# TASK PROMPT
Check every line of the data below for the string "Links", and copy the ones that hold it.

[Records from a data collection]
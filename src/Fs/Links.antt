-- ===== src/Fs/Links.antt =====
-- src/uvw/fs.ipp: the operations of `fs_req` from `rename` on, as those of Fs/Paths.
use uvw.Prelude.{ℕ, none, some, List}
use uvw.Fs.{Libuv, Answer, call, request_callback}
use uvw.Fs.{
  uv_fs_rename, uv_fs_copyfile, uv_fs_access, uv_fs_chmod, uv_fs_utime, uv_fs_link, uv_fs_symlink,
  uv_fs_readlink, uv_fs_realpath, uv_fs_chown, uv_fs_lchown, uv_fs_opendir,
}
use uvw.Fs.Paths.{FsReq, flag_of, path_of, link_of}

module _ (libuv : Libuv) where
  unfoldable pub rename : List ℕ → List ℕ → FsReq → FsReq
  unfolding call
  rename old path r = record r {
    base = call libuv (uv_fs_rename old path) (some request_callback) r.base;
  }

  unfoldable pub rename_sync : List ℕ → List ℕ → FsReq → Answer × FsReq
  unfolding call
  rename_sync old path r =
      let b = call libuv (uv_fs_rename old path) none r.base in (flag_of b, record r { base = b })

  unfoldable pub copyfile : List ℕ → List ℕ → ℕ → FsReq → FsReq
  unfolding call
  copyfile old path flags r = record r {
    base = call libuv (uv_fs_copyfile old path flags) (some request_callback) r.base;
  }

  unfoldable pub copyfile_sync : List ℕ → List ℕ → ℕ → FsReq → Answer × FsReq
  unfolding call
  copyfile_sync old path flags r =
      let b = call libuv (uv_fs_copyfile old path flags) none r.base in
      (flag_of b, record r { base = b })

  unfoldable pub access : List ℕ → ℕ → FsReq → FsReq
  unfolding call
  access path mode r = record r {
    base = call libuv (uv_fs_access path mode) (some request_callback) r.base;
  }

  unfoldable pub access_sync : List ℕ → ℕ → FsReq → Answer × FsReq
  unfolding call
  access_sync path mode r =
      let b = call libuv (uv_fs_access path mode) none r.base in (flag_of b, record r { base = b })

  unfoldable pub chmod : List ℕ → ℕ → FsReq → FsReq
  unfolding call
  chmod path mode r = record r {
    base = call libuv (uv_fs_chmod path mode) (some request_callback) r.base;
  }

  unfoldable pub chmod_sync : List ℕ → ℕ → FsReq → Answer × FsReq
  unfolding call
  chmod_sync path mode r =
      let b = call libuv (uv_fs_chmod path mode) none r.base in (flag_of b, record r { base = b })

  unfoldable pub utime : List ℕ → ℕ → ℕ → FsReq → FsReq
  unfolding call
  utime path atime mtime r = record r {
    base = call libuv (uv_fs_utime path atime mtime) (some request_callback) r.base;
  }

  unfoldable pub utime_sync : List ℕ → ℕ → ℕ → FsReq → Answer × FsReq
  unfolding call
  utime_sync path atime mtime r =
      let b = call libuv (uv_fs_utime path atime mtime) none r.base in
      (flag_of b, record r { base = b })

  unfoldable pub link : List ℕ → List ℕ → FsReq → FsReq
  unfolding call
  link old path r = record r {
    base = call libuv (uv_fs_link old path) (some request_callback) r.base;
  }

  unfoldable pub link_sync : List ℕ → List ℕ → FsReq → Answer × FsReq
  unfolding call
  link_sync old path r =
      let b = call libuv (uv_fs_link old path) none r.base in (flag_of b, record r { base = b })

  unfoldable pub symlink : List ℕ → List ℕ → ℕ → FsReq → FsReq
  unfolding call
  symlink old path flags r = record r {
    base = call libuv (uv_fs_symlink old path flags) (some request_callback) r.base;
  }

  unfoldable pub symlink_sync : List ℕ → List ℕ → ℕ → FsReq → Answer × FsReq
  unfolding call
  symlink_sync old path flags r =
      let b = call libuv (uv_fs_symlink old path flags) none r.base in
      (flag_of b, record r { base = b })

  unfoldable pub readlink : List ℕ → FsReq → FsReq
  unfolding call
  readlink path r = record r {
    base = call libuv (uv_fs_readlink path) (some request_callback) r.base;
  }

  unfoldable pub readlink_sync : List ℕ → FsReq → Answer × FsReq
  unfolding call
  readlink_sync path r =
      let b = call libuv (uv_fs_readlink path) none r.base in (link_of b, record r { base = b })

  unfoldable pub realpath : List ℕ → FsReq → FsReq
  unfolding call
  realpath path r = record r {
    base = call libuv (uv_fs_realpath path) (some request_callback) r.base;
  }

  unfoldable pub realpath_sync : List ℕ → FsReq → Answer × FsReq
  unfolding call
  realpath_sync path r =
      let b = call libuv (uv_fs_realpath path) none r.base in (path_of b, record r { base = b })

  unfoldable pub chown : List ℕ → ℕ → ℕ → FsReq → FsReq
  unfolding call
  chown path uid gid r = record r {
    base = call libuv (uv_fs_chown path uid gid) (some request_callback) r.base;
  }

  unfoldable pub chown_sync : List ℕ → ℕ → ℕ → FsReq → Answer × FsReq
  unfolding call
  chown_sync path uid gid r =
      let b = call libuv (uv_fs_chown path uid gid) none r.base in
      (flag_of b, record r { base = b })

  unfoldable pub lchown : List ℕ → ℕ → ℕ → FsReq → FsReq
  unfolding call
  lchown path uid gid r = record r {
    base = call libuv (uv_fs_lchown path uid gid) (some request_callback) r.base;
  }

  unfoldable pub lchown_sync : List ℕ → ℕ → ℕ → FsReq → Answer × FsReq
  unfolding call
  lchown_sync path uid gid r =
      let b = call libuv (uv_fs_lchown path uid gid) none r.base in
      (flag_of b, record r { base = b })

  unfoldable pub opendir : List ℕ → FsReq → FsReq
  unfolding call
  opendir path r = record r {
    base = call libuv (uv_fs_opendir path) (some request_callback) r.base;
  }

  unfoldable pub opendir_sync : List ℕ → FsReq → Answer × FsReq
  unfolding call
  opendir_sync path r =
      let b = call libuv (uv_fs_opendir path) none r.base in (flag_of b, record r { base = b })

# RESPONSE BELOW
filename src/Fs/Links.antt
-- ===== src/Fs/Links.antt =====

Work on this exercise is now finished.